# Terms for Breakfast, Lunch, and Dinner



## AmaryllisBunny

There is:

朝御飯（あさごはん）　朝食（ちょうしょく）　朝飯（あさめし）
What I was told is (asagohan, is child language; choushoku is adult language; asameshi is old and was used during the times of the samurai.

Can anyone elaborate?

昼御飯　ｖｓ　昼食　ｖｓ　昼飯

晩御飯/夕御飯　ｖｓ　夕食　ｖｓ　晩飯/夕飯

To elaborate, I was told that everything in the first row (that ends with "gohan" is childish, and that adults use the middle with "shoku."

Thank you for your help!


----------



## karlalou

AmaryllisBunny said:


> everything in the first row (that ends with "gohan" is childish


I think I feel that way too, but I won't think he/she is childish when I hear some one says so. I would get a good impression about them. It sounds like a mother's word too. Maybe that explains that children tend to first learn to say so.

朝食（ちょうしょく）, 昼食, 夕食 are the most common used by male and female and young and elderly.

朝飯（あさめし）, 昼飯, 晩飯/夕飯 are man's word. I wonder nowadays guys don't say them.. If my memory is correct 25 years ago they were still in use.


----------



## AmaryllisBunny

karlalou said:


> 朝飯（あさめし）, 昼飯, 晩飯/夕飯 are man's word. I wonder nowadays guys don't say them.. If my memory is correct 25 years ago they were still in use.


 
So the "...飯(めし)" are they used at all in today's speech? Or have they completely phased out?

ありがとうございます！


----------



## Cowrie

Interesting. To me, those in the first column are the most common, and the middle ones are a little formal. According to what you were told, my dad is samurai....


----------



## spu001

I think Karlalou's explanations for 'asagohan' and 'choushoku' are exactly right, and if you replace 'asa' in 'asagohan' with 'hiru' or 'yoru' it sounds right too.
asagohan chougohan chouchoku asashoku asameshi choumeshi
hirugohan chuugohan chuushoku hirushoku hirumeshi chuumeshi
yorugohan bangohan  yuugohan yorushoku banshoku yuushoku yorumeshi banmeshi yuumeshi
Also, there's another word for eating munchies at night: yashoku, this is used only with -shoku, no yagohan, yameshi.
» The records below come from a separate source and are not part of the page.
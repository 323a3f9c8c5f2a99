-- ===== src/AccessPolicy/Parsing.antt =====
-- What Parse accepts: the loop over the mappings against a declarative reading of the document.
use showroom_msp_chat_ui.Prelude.{
  ◌≤◌, String, ◌≡◌, refl, ap, ◌∙◌, ◌≢◌, ◌↔◌, true, false, ◌||◌, not, Option, some, List, [], ◌∷◌,
  arith, eq_iff, All, Pairwise,
}
use Prim.Native.String.{len}
use showroom_msp_chat_ui.Errors.{Result, ok, err, >>=-eq-ok, fail_if}
use showroom_msp_chat_ui.HostnamePolicy.{Validation, mem}
use showroom_msp_chat_ui.AccessPolicy.{
  Entry, Policy, Url, Decoder, Seen, decode, https_url, is_pinned, local_key, source_key,
  validate_entry, check_entry, check_entries, parse,
}

-- Two mappings that a policy may hold together.
pub record Differ (a b : Entry) : Type 0 where
  pub uid : a.uid ≢ b.uid
  pub local : local_key a ≢ local_key b
  pub source : source_key a ≢ source_key b

record Fresh (seen : Seen) (e : Entry) : Type 0 where
  uid : mem e.uid seen.uids ≡ false
  local : mem (local_key e) seen.local ≡ false
  source : mem (source_key e) seen.sources ≡ false

add : Entry → Seen → Seen
add e seen = record {
  uids = e.uid ∷ seen.uids;
  local = local_key e ∷ seen.local;
  sources = source_key e ∷ seen.sources;
}

add_all : List Entry → Seen → Seen
add_all [] seen = seen
add_all (e ∷ es) seen = add_all es (add e seen)

Fresh-add_iff : (e x : Entry) (seen : Seen) → Fresh (add e seen) x ↔ (Fresh seen x × Differ e x)
unfolding add
Fresh-add_iff e x seen =
    let u = eq_iff e.uid x.uid in
    let l = eq_iff (local_key e) (local_key x) in
    let s = eq_iff (source_key e) (source_key x) in
    (
      λ f. (
        record {
          uid = ground (arith, f.uid);
          local = ground (arith, f.local);
          source = ground (arith, f.source);
        },
        record {
          uid = ground (arith, f.uid);
          local = ground (arith, f.local);
          source = ground (arith, f.source);
        },
      ),
      λ (f, d). record {
        uid = ground (arith, f.uid, d.uid);
        local = ground (arith, f.local, d.local);
        source = ground (arith, f.source, d.source);
      },
    )

All-Fresh-add :
    (e : Entry) (es : List Entry) (seen : Seen)
    → All (Fresh (add e seen)) es ↔ (All (Fresh seen) es × All (Differ e) es)
All-Fresh-add e [] seen = (λ _. (tt, tt), λ _. tt)
All-Fresh-add e (x ∷ es) seen =
    let (f, g) = Fresh-add_iff e x seen in
    let (fs, gs) = All-Fresh-add e es seen in
    (
      λ (h, hs). (((f h).0, (fs hs).0), ((f h).1, (fs hs).1)),
      λ (h, k). (g (h.0, k.0), gs (h.1, k.1)),
    )

module _ (v : Validation) (parse_url : String → Option Url) where
  abbrev pub IsValid : Entry → Type 0
  IsValid e = validate_entry v parse_url e ≡ ok tt

  check_entry_iff :
      (e : Entry) (seen seen' : Seen)
      → (check_entry v parse_url e seen ≡ ok seen')
        ↔ (IsValid e × Fresh seen e × (seen' ≡ add e seen))
  unfolding check_entry add
  check_entry_iff e seen seen' = ground arith

  check_entries_iff :
      (es : List Entry) (seen seen' : Seen)
      → (check_entries v parse_url es seen ≡ ok seen')
        ↔ (All IsValid es × All (Fresh seen) es × Pairwise Differ es × (seen' ≡ add_all es seen))
  unfolding check_entries add_all
  check_entries_iff [] seen seen' = ground arith
  check_entries_iff (e ∷ es) seen seen' = (
    λ h.
        let (m, one, more) =
          >>=-eq-ok (check_entry v parse_url e seen) (check_entries v parse_url es) h in
        let (valid, fresh, same) = (check_entry_iff e seen m).0 one in
        let (valids, news, apart, rest) = (check_entries_iff es m seen').0 more in
        let (old, differ) = (All-Fresh-add e es seen).0 (rw same at news) in
        ((valid, valids), (fresh, old), (differ, apart), rest ∙ ap (add_all es) same),
    λ h.
        let ((valid, valids), (fresh, old), (differ, apart), rest) = h in
        let news = (All-Fresh-add e es seen).1 (old, differ) in
        rw ((check_entry_iff e seen (add e seen)).1 (valid, fresh, refl))
          ((check_entries_iff es (add e seen) seen').1 (valids, news, apart, rest)),
  )

  abbrev nothing_seen : Seen
  nothing_seen = record { uids = []; local = []; sources = [] }

  Fresh-nothing_seen : (es : List Entry) → All (Fresh nothing_seen) es
  Fresh-nothing_seen [] = tt
  Fresh-nothing_seen (e ∷ es) =
      (record { uid = refl; local = refl; source = refl }, Fresh-nothing_seen es)

  loop_iff :
      (es : List Entry)
      → ((seen : Seen) × (check_entries v parse_url es nothing_seen ≡ ok seen))
        ↔ (All IsValid es × Pairwise Differ es)
  loop_iff es = (
    λ (seen, h).
        let (valid, _, apart, _) = (check_entries_iff es nothing_seen seen).0 h in (valid, apart),
    λ (valid, apart). (
      add_all es nothing_seen,
      (check_entries_iff es nothing_seen (add_all es nothing_seen)).1
          (valid, Fresh-nothing_seen es, apart, refl),
    ),
  )

  -- What a document must be to give the policy `p`.
  pub record IsAccepted (decoder : Decoder Policy) (read : Result String) (p : Policy)
      : Type 0 where
    pub text : String
    pub was_read : read ≡ ok text
    pub size : len text ≤ 1048576
    pub decoded : decoder.first text ≡ some p
    pub single : decoder.is_single text ≡ true
    pub server : https_url parse_url p.kcp_server true ≡ ok tt
    pub namespace : v.is_label p.credentials_namespace ≡ true
    pub pinned : is_pinned p.proxy_image ≡ true
    pub valid : All IsValid p.entries
    pub apart : Pairwise Differ p.entries

  decode_iff :
      (decoder : Decoder Policy) (text : String) (p : Policy)
      → (decode decoder (ok text) ≡ ok p)
        ↔ ((len text ≤ 1048576) × (decoder.first text ≡ some p) × (decoder.is_single text ≡ true))
  unfolding decode
  decode_iff decoder text p = ground arith

  parse_sound :
      (decoder : Decoder Policy) (read : Result String) (p : Policy)
      → parse v parse_url decoder read ≡ ok p
      → IsAccepted decoder read p
  unfolding parse
  parse_sound decoder (err e) p h = cc
  parse_sound decoder (ok text) p h =
      let (q, decoded, h1) = >>=-eq-ok (decode decoder (ok text)) _ h in
      let (size, first, single) = (decode_iff decoder text q).0 decoded in
      let (_, server, h2) = >>=-eq-ok (https_url parse_url q.kcp_server true) _ h1 in
      let (_, fixed, h3) =
        >>=-eq-ok
          (fail_if (not (v.is_label q.credentials_namespace) || not (is_pinned q.proxy_image)) _) _
          h2 in
      let (seen, checked, h4) = >>=-eq-ok (check_entries v parse_url q.entries nothing_seen) _ h3 in
      let same : q ≡ p = ground arith in
      let (valid, apart) = (loop_iff q.entries).0 (seen, checked) in
      rw (← same) (record {
        text = text;
        was_read = refl;
        size = size;
        decoded = first;
        single = single;
        server = server;
        namespace = ground arith;
        pinned = ground arith;
        valid = valid;
        apart = apart;
      })

  parse_complete :
      (decoder : Decoder Policy) (read : Result String) (p : Policy)
      → IsAccepted decoder read p
      → parse v parse_url decoder read ≡ ok p
  unfolding parse
  parse_complete decoder read p a =
      let (seen, checked) = (loop_iff p.entries).1 (a.valid, a.apart) in
      rw (
        a.was_read,
        (decode_iff decoder a.text p).1 (a.size, a.decoded, a.single),
        a.server,
        a.namespace,
        a.pinned,
        checked,
      )

  -- Parse gives the policy `p` exactly for a document that could be read, is at most 1 MiB long and
  -- a single JSON document for `p`, where the KCP server is an explicit HTTPS origin, the credential
  -- namespace a DNS label, the proxy image pinned by digest, and the mappings are each valid and
  -- differ pairwise in UID, in namespace/name and in cluster/namespace/name of the source.
  pub parse_access_iff :
      (decoder : Decoder Policy) (read : Result String) (p : Policy)
      → (parse v parse_url decoder read ≡ ok p) ↔ IsAccepted decoder read p
  parse_access_iff decoder read p = (parse_sound decoder read p, parse_complete decoder read p)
But -meshi is still in use and guys who like informal expressions tend to use this, it can be used singly, e.g. 'meshi kui ni ikouze!' or 'meshi ikuka!': 'Hey, let's go to a restaurant, bro!' and tomboyish girls use 'meshi' expressions, too. you can use it only when you're with close friends. yes, if it were phased out you would meet many samurai in town.

Spu


----------



## AmaryllisBunny

So in terms of dinner, all three are acceptable. 

However, back then when I was taught Japanese, we learned: 朝ご飯　昼ご飯　晩ご飯　and neither of : 夜ご飯　夕御飯 until college. Then I saw 夕御飯. 
Out of the three: 夜ご飯, 晩ご飯, and 夕ご飯, which one is the most common?

spu001さんの説明する事をありがとうございます！

日本語の「meal」の警護がありますか？


----------



## riverwest

Like other people commented 朝ごはん、昼ごはん、晩ごはん are not words for children.  In fact, I use them all the time.  I actually prefer using 昼ごはん over 昼食 because "ちゅうしょく” sounds similar to 朝食（ちょうしょく).  However, 朝食、昼食、夕食 are more polite.  If you go to a hotel in Japan, you will hear the hotel people use 朝食、昼食、夕食.  More polite way to say these words are : ご朝食、ご昼食、ご夕食; (although, some people might argue we should say お夕食 instead of ご夕食.  For 朝食、昼食, ご should come before these words).

At my house growing up, I think my family used 晩ご飯 and 夕飯 more often, but we also did use the words 夜ご飯 and 夕ご飯.  

I don't use ~めし since I am female and those are often used by male; but people do use these words just like Spu said; although this is extremely informal and you don't want to use them in business settings.  

Another way to say lunch is "お昼（おひる）”.  For example, people say "どこで、お昼を食べますか？”


----------



## spu001

> Out of the three: 夜ご飯, 晩ご飯, and 夕ご飯, which one is the most common?
> 
> spu001さんの説明する事をありがとうございます！
> 
> 日本語の「meal」の警護がありますか？


You're welcome, I don't know which one is the most common, it depends on how old you are and which region you live, let's think about what is the most acceptable, first, 夕ご飯 is the best thing since sliced bread since in the olden days people used to have dinner in the evening(夕方,) second, 晩ご飯 is a happy medium, third, 夜ご飯 could be considered a black sheep in the trio because some people say "I've never heard 'yoru-gohan' when I was young!" or "someone coined this word!?" while some people use it without a second thought, I got surprised when I heard it for first time, but as it is, I have to give  to 夜ご飯. so, from this point of view, '夕ごはん' and '晩ごはん' can be called the most common ones.

Keigo words for 'meal': if you mean 'occasions' : ご飯(ok,) 食事(polite,) and お食事 (excellent.)

Hope this helps
Spu


----------



## Shiratori99

There's 召し上がる（めしあがる）, meaning to eat, which is Keigo I believe. But the めし here is etymologically different from 飯（めし） I guess.


----------



## AmaryllisBunny

Shiratori99 said:


> There's 召し上がる（めしあがる）, meaning to eat, which is Keigo I believe. But the めし here is etymologically different from 飯（めし） I guess.



Thank you, but I was referring strictly to the nouns. In addition, since this has to do with the verb, it is *尊敬語* (そんけいご).


----------



## AmaryllisBunny

@spu001

For お食事 do they follow the same pattern as ご飯 in terms of use? Or are some more or less common than others? Especially in the example you gave with 夕、晩、＆夜。


----------



## spu001

No, you use お食事 24 hours a day.
In order of most common to least, first, ご飯 is a go-to girl since any one can use ご飯 to mean 'meal,' second, お食事 is a sophisticated woman, third, 食事 is a homely girl since it lacks 'お’ but a few people use '食事' even when they're in business(e.g. "ミーティングの後、食事に行きますか？).

Spu


----------



## AmaryllisBunny

Ah, thank you spu (once again)!


----------



## spu001

You're welcome, AmaryllisBunny.


----------